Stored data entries
'''
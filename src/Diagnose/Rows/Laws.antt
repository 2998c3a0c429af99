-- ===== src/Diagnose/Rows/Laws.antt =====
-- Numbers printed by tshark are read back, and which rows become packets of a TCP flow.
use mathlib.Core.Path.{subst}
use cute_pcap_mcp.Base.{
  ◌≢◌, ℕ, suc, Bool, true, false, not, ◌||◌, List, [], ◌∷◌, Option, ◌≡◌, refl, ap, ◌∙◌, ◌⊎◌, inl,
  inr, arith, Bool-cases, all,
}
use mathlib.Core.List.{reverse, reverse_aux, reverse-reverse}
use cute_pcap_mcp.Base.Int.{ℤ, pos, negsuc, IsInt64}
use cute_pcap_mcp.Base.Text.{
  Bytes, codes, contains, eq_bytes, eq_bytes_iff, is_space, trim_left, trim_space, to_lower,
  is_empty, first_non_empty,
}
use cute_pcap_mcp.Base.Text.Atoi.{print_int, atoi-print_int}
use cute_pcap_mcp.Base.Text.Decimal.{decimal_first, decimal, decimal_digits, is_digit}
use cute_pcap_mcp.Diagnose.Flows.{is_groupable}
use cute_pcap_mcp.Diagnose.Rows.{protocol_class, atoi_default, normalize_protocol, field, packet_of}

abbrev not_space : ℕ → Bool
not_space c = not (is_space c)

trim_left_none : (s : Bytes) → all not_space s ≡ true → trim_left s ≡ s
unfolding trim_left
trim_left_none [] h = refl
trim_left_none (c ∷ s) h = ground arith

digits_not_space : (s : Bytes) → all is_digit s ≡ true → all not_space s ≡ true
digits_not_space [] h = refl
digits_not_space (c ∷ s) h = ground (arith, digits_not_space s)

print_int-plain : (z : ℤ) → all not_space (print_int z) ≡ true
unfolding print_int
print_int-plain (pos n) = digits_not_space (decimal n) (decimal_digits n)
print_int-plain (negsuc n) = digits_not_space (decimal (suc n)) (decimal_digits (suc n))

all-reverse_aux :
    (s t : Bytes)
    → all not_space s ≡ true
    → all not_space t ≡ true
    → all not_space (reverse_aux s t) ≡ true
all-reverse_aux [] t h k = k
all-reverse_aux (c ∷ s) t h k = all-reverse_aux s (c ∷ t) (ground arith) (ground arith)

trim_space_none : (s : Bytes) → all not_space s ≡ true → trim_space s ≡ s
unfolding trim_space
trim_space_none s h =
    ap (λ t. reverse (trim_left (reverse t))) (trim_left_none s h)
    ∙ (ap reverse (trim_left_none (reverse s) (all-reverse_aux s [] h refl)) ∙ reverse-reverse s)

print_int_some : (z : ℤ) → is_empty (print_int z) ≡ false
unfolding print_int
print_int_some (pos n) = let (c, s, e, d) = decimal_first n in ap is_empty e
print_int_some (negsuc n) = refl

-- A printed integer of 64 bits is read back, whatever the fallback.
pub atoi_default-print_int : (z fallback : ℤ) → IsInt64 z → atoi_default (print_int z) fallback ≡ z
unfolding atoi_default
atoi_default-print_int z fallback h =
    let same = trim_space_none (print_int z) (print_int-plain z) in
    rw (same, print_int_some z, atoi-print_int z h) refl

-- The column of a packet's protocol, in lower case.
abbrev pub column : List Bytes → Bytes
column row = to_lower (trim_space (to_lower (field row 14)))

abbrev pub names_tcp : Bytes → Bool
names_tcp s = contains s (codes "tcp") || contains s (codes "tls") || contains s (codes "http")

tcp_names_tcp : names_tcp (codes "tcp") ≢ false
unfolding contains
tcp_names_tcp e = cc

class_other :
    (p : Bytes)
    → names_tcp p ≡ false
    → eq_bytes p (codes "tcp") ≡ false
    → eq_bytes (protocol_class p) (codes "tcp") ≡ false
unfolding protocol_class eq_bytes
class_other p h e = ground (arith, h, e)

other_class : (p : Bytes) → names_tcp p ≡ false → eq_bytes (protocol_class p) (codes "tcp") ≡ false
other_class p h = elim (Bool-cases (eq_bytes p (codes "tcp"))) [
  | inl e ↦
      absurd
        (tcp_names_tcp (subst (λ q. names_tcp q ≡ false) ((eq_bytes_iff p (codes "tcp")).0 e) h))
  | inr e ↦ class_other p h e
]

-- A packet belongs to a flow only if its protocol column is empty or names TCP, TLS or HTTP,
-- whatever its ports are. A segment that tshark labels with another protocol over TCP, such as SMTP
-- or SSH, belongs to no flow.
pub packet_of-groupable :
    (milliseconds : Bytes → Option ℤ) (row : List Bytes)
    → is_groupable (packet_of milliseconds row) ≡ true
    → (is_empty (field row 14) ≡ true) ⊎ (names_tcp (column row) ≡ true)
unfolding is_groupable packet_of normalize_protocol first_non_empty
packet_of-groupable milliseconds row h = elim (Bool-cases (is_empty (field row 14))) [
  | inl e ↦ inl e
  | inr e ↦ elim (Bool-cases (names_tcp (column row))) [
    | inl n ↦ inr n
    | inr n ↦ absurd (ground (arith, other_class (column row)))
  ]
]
'''
◆ Task brief
Please copy only these lines, exactly: the first line of the records through the line containing "trim_left_none (c ∷ s) h = ground arith", ends included.

◆ Your response
filename src/Diagnose/Rows/Laws.antt
repository 2998c3a0c429af99
-- ===== src/Diagnose/Rows/Laws.antt =====
-- Numbers printed by tshark are read back, and which rows become packets of a TCP flow.
use mathlib.Core.Path.{subst}
use cute_pcap_mcp.Base.{
  ◌≢◌, ℕ, suc, Bool, true, false, not, ◌||◌, List, [], ◌∷◌, Option, ◌≡◌, refl, ap, ◌∙◌, ◌⊎◌, inl,
  inr, arith, Bool-cases, all,
}
use mathlib.Core.List.{reverse, reverse_aux, reverse-reverse}
use cute_pcap_mcp.Base.Int.{ℤ, pos, negsuc, IsInt64}
use cute_pcap_mcp.Base.Text.{
  Bytes, codes, contains, eq_bytes, eq_bytes_iff, is_space, trim_left, trim_space, to_lower,
  is_empty, first_non_empty,
}
use cute_pcap_mcp.Base.Text.Atoi.{print_int, atoi-print_int}
use cute_pcap_mcp.Base.Text.Decimal.{decimal_first, decimal, decimal_digits, is_digit}
use cute_pcap_mcp.Diagnose.Flows.{is_groupable}
use cute_pcap_mcp.Diagnose.Rows.{protocol_class, atoi_default, normalize_protocol, field, packet_of}

abbrev not_space : ℕ → Bool
not_space c = not (is_space c)

trim_left_none : (s : Bytes) → all not_space s ≡ true → trim_left s ≡ s
unfolding trim_left
trim_left_none [] h = refl
trim_left_none (c ∷ s) h = ground arith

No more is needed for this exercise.